Cuando Ramsés le había nombrado sumo sacerdote, Nebú no se había engañado; el joven monarca exigía que Karnak le obedeciera y no manifestara veleidad de independencia alguna. Pero Nebú no era un hombre de paja y había luchado para que Karnak no fuera expoliado en beneficio de otros templos. Como el faraón se había preocupado por mantener la armonía en todo el país, Nebú había sido un pontífice feliz.

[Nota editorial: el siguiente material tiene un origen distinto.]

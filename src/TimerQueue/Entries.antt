-- ===== src/TimerQueue/Entries.antt =====
-- net/Timer.h and net/Timer.cc, and the sets of net/TimerQueue.h: std::set<Entry> is a list in its
-- order, and std::set<ActiveTimer>, whose order is never used, a test and a size.
use libanet.Common.{
  ℕ, suc, ◌-◌, Bool, false, not, ◌&&◌, ◌||◌, List, [], ◌∷◌, ◌==◌, ltb, if◌then◌else◌,
}
use libanet.Common.Int.{ℤ, pos, ◌+ℤ◌, ltb_ℤ}

pub record Timer : Type 0 where
  pub expiration : ℤ
  pub delta : ℤ
  pub repeat : Bool
  pub sequence : ℕ

-- Timer::restart
unfoldable pub restart : Timer → ℤ → Timer
unfolding ◌+ℤ◌
restart t now = record t { expiration = if t.repeat then now +ℤ t.delta else pos 0 }

-- std::pair<Timestamp, Timer *>
pub record Entry : Type 0 where
  pub when : ℤ
  pub timer : ℕ

-- operator< of pairs
abbrev pub lt_entry : Entry → Entry → Bool
lt_entry a b = ltb_ℤ a.when b.when || (not (ltb_ℤ b.when a.when) && ltb a.timer b.timer)

abbrev pub eq_entry : Entry → Entry → Bool
eq_entry a b = not (lt_entry a b) && not (lt_entry b a)

-- std::set<Entry>, in its order
unfoldable pub contains : Entry → List Entry → Bool
contains e [] = false
contains e (x ∷ xs) = eq_entry e x || contains e xs

unfoldable pub insert_entry : Entry → List Entry → List Entry
insert_entry e [] = e ∷ []
insert_entry e (x ∷ xs) = if lt_entry e x then e ∷ x ∷ xs else x ∷ insert_entry e xs

unfoldable pub erase_entry : Entry → List Entry → List Entry
erase_entry e [] = []
erase_entry e (x ∷ xs) = if eq_entry e x then xs else x ∷ erase_entry e xs

-- std::set<ActiveTimer>, whose order is never used
pub record ActiveTimerSet : Type 0 where
  pub has : ℕ → ℕ → Bool
  pub size : ℕ

abbrev pub no_timers : ActiveTimerSet
no_timers = record { has = λ p s. false; size = 0 }

abbrev pub is_key : ℕ → ℕ → ℕ → ℕ → Bool
is_key p s p' s' = p' == p && s' == s

unfoldable pub insert_active : ActiveTimerSet → ℕ → ℕ → ActiveTimerSet
insert_active a p s =
    if a.has p s
    then a
    else record { has = λ p' s'. is_key p s p' s' || a.has p' s'; size = suc a.size }

unfoldable pub erase_active : ActiveTimerSet → ℕ → ℕ → ActiveTimerSet
erase_active a p s =
    if a.has p s
    then record { has = λ p' s'. not (is_key p s p' s') && a.has p' s'; size = a.size - 1 }
    else a
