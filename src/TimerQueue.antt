-- ===== src/TimerQueue.antt =====
-- net/TimerQueue.h, net/TimerQueue.cc, net/Timer.h, net/Timer.cc and net/TimerId.h, in the loop's
-- thread. A Timer * is a number, under which the heap has the timer; a time is in microseconds.
-- `none` is an assert that fails or a read of a deleted timer. The product of an interval and
-- kMicroSecondsPerSecond, of doubles, is the field `delta`, and whether it repeats a field of its own.
mod Entries
mod Sets
mod Invariant
mod Insert
mod Cancel
mod Moved
mod Expiry
mod Expired
mod Remaining
mod Callbacks
mod Steps
mod Tests
use libanet.Common.{
  ℕ, zero, suc, ◌+◌, ◌-◌, Bool, true, false, not, ◌&&◌, ◌||◌, Option, none, some, List, [], ◌∷◌,
  ◌++◌, length, ◌==◌, ltb, if◌then◌else◌,
}
use libanet.Common.Int.{ℤ, pos, ◌+ℤ◌, ◌-ℤ◌, ◌/ℤ◌, ◌%ℤ◌, ◌*ℤ◌, ltb_ℤ}
use libanet.Common.Options.{◌>>=◌, ◌>>◌, check}
pub use libanet.TimerQueue.Entries.{
  Timer, Entry, lt_entry, eq_entry, ActiveTimerSet, no_timers, is_key,
}
unfoldable pub use libanet.TimerQueue.Entries.{
  restart, contains, insert_entry, erase_entry, insert_active, erase_active,
}

-- `armed` is the time for which the timerfd is set, and `num_created` is Timer::s_numCreated_.
pub record TimerQueue : Type 0 where
  pub heap : ℕ → Option Timer
  pub num_created : ℕ
  pub timers : List Entry
  pub active_timers : ActiveTimerSet
  pub calling_expired_timers : Bool
  pub canceling_timers : ActiveTimerSet
  pub armed : Option ℤ

abbrev pub store : (ℕ → Option Timer) → ℕ → Option Timer → ℕ → Option Timer
store heap p t p' = if p' == p then t else heap p'

-- The highest address, UINTPTR_MAX, is that of no timer.
abbrev pub uintptr_max : ℕ
uintptr_max = 18446744073709551615

-- `new Timer`. An address in use, or the highest one, is never handed out: nothing happens.
unfoldable pub new_timer : TimerQueue → ℕ → ℤ → ℤ → Bool → TimerQueue
new_timer q p when delta repeat =
    let t : Timer = record {
      expiration = when;
      delta = delta;
      repeat = repeat;
      sequence = suc q.num_created;
    } in
    record q { heap = store q.heap p (some t); num_created = suc q.num_created }

abbrev pub is_free : TimerQueue → ℕ → Bool
is_free q p = ltb p uintptr_max && elim (q.heap p) [ none ↦ true | some t ↦ false ]

abbrev pub same_sizes : TimerQueue → Bool
same_sizes q = length q.timers == q.active_timers.size

abbrev pub is_earliest : ℤ → List Entry → Bool
is_earliest when [] = true
is_earliest when (x ∷ xs) = ltb_ℤ when x.when

-- The queue and earliestChanged
unfoldable pub insert : TimerQueue → ℕ → Option (TimerQueue × Bool)
unfolding contains insert_entry insert_active
insert q p = do
  check (same_sizes q)
  t ← q.heap p
  let e : Entry = record { when = t.expiration; timer = p }
  check (not (contains e q.timers))
  check (not (q.active_timers.has p t.sequence))
  let q' = record q {
    timers = insert_entry e q.timers;
    active_timers = insert_active q.active_timers p t.sequence;
  }
  check (same_sizes q')
  some (q', is_earliest t.expiration q.timers)

unfoldable pub reset_timerfd : TimerQueue → ℤ → TimerQueue
reset_timerfd q expiration = record q { armed = some expiration }

unfoldable pub add_timer_in_loop : TimerQueue → ℕ → Option TimerQueue
unfolding insert reset_timerfd
add_timer_in_loop q p = do
  (q', earliest_changed) ← insert q p
  t ← q'.heap p
  some (if earliest_changed then reset_timerfd q' t.expiration else q')

-- addTimer from the loop's thread, with the address that `new` returns
unfoldable pub add_timer : TimerQueue → ℕ → ℤ → ℤ → Bool → Option TimerQueue
unfolding new_timer add_timer_in_loop
add_timer q p when delta repeat =
    if is_free q p then add_timer_in_loop (new_timer q p when delta repeat) p else some q

-- cancelInLoop, for a timer that is active
unfoldable pub cancel_active : TimerQueue → ℕ → ℕ → Option TimerQueue
unfolding contains erase_entry erase_active
cancel_active q p s = do
  t ← q.heap p
  let e : Entry = record { when = t.expiration; timer = p }
  check (contains e q.timers)
  some (record q {
    timers = erase_entry e q.timers;
    heap = store q.heap p none;
    active_timers = erase_active q.active_timers p s;
  })

-- A TimerId is an address and a sequence number.
unfoldable pub cancel_in_loop : TimerQueue → ℕ → ℕ → Option TimerQueue
unfolding insert_active
cancel_in_loop q p s = do
  check (same_sizes q)
  q' ←
      (if q.active_timers.has p s
        then cancel_active q p s
        else if q.calling_expired_timers
        then some (record q { canceling_timers = insert_active q.canceling_timers p s })
        else some q)
  check (same_sizes q')
  some q'

-- Whether an entry comes before the sentry of getExpired.
abbrev pub is_expired : ℤ → Entry → Bool
is_expired now e = lt_entry e (record { when = now; timer = uintptr_max })

-- std::set::lower_bound: what stands before the sentry, and the rest.
unfoldable pub expired_part : ℤ → List Entry → List Entry
expired_part now [] = []
expired_part now (x ∷ xs) =
    let rest = expired_part now xs in if is_expired now x then x ∷ rest else []

unfoldable pub later_part : ℤ → List Entry → List Entry
later_part now [] = []
later_part now (x ∷ xs) = let rest = later_part now xs in if is_expired now x then rest else x ∷ xs

-- assert(end == timers_.end() || now < end->first)
abbrev pub begins_after : ℤ → List Entry → Bool
begins_after now [] = true
begins_after now (x ∷ xs) = ltb_ℤ now x.when

-- The loop of getExpired
unfoldable pub erase_expired :
    (ℕ → Option Timer) → List Entry → ActiveTimerSet → Option ActiveTimerSet
unfolding erase_active
erase_expired heap [] a = some a
erase_expired heap (e ∷ es) a = do
  t ← heap e.timer
  check (a.has e.timer t.sequence)
  erase_expired heap es (erase_active a e.timer t.sequence)

unfoldable pub get_expired : TimerQueue → ℤ → Option (TimerQueue × List Entry)
unfolding expired_part later_part erase_expired
get_expired q now = do
  check (same_sizes q)
  let expired = expired_part now q.timers
  let later = later_part now q.timers
  check (begins_after now later)
  active ← erase_expired q.heap expired q.active_timers
  let q' = record q { timers = later; active_timers = active }
  check (same_sizes q')
  some (q', expired)

-- What the callback of a timer does with the queue.
pub data Action : Type 0 where
  adds : ℕ → ℤ → ℤ → Bool → Action
  cancels : ℕ → ℕ → Action

unfoldable pub act : TimerQueue → Action → Option TimerQueue
unfolding add_timer cancel_in_loop
act q (adds p when delta repeat) = add_timer q p when delta repeat
act q (cancels p s) = cancel_in_loop q p s

unfoldable pub act_all : TimerQueue → List Action → Option TimerQueue
unfolding act
act_all q [] = some q
act_all q (a ∷ actions) = do q' ← act q a; act_all q' actions

-- The callbacks of the expired timers, one after the other.
unfoldable pub run_all : TimerQueue → (ℕ → List Action) → List Entry → Option TimerQueue
unfolding act_all
run_all q callbacks [] = some q
run_all q callbacks (e ∷ es) = do
  t ← q.heap e.timer
  q' ← act_all q (callbacks e.timer)
  run_all q' callbacks es

-- The loop of reset
unfoldable pub reset_all : TimerQueue → List Entry → ℤ → Option TimerQueue
unfolding restart
reset_all q [] now = some q
reset_all q (e ∷ es) now = do
  t ← q.heap e.timer
  q' ←
      (if t.repeat && not (q.canceling_timers.has e.timer t.sequence)
        then (do
          r ← insert (record q { heap = store q.heap e.timer (some (restart t now)) }) e.timer
          some r.0)
        else some (record q { heap = store q.heap e.timer none }))
  reset_all q' es now

-- The expiration of the first timer, or an invalid time
unfoldable pub next_expire : (ℕ → Option Timer) → List Entry → Option ℤ
next_expire heap [] = some (pos 0)
next_expire heap (x ∷ xs) = do t ← heap x.timer; some t.expiration

unfoldable pub reset : TimerQueue → List Entry → ℤ → Option TimerQueue
unfolding reset_all next_expire reset_timerfd
reset q expired now = do
  q' ← reset_all q expired now
  next ← next_expire q'.heap q'.timers
  some (if ltb_ℤ (pos 0) next then reset_timerfd q' next else q')

-- The timerfd has fired, so it is no longer set.
unfoldable pub handle_read : TimerQueue → (ℕ → List Action) → ℤ → Option TimerQueue
unfolding get_expired run_all reset
handle_read q callbacks now = do
  r ← get_expired (record q { armed = none }) now
  q' ←
      run_all (record r.0 { calling_expired_timers = true; canceling_timers = no_timers }) callbacks
        r.1
  reset (record q' { calling_expired_timers = false }) r.1 now

-- What the loop does with the queue: calls of addTimer and cancel, and an expiration.
pub data Event : Type 0 where
  acts : Action → Event
  fires : (ℕ → List Action) → ℤ → Event

unfoldable pub step : TimerQueue → Event → Option TimerQueue
unfolding act handle_read
step q (acts a) = act q a
step q (fires callbacks now) = handle_read q callbacks now

unfoldable pub run : TimerQueue → List Event → Option TimerQueue
unfolding step
run q [] = some q
run q (e ∷ events) = do q' ← step q e; run q' events

-- detail::howMuchTimeFromNow: seconds and nanoseconds
unfoldable pub how_much_time_from_now : ℤ → ℤ → ℤ × ℤ
unfolding ◌-ℤ◌ ◌*ℤ◌
how_much_time_from_now when now =
    let us = when -ℤ now in
    let microseconds = if ltb_ℤ us (pos 100) then pos 100 else us in
    (microseconds /ℤ 1000000, (microseconds %ℤ 1000000) *ℤ pos 1000)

Informado por Bakhen, el anciano no salía ya de su modesta morada de tres habitaciones, construida junto al lago sagrado de Karnak. Por la noche le gustaba regar los arriates de iris que tenía plantados a ambos lados de la puerta de entrada; cuando ya no tuviera fuerzas para hacerlo, solicitaría al rey que le liberara de sus funciones.
Al descubrir que un jardinero arrancaba las malas hierbas, Nebú no ocultó su descontento.
—¡Nadie está autorizado a tocar mis iris!
—¿Ni siquiera el faraón de Egipto?
Ramsés se levantó y se dio la vuelta.
—Majestad, os ruego que…
—Haces bien velando personalmente por este tesoro, Nebú. Has trabajado bien por Egipto y por Karnak. Plantar, ver como crece, cuidar esa vida frágil y tan bella… ¿Acaso hay más noble tarea? Tras la muerte de Nefertari, pensé en hacerme jardinero, lejos del trono, lejos del poder.
—No tenéis derecho a hacerlo, majestad.
—Esperaba mayor comprensión.
—Que un viejo como yo aspire al descanso es lógico, pero vos…
Ramsés contempló la luna ascendente.
—Se aproxima la tormenta, Nebú; necesito hombres leales y competentes para afrontar los elementos desencadenados. Sea cual sea tu edad y tu estado de salud, deja para más tarde tus proyectos de retirarte. Sigue controlando Karnak como hasta ahora.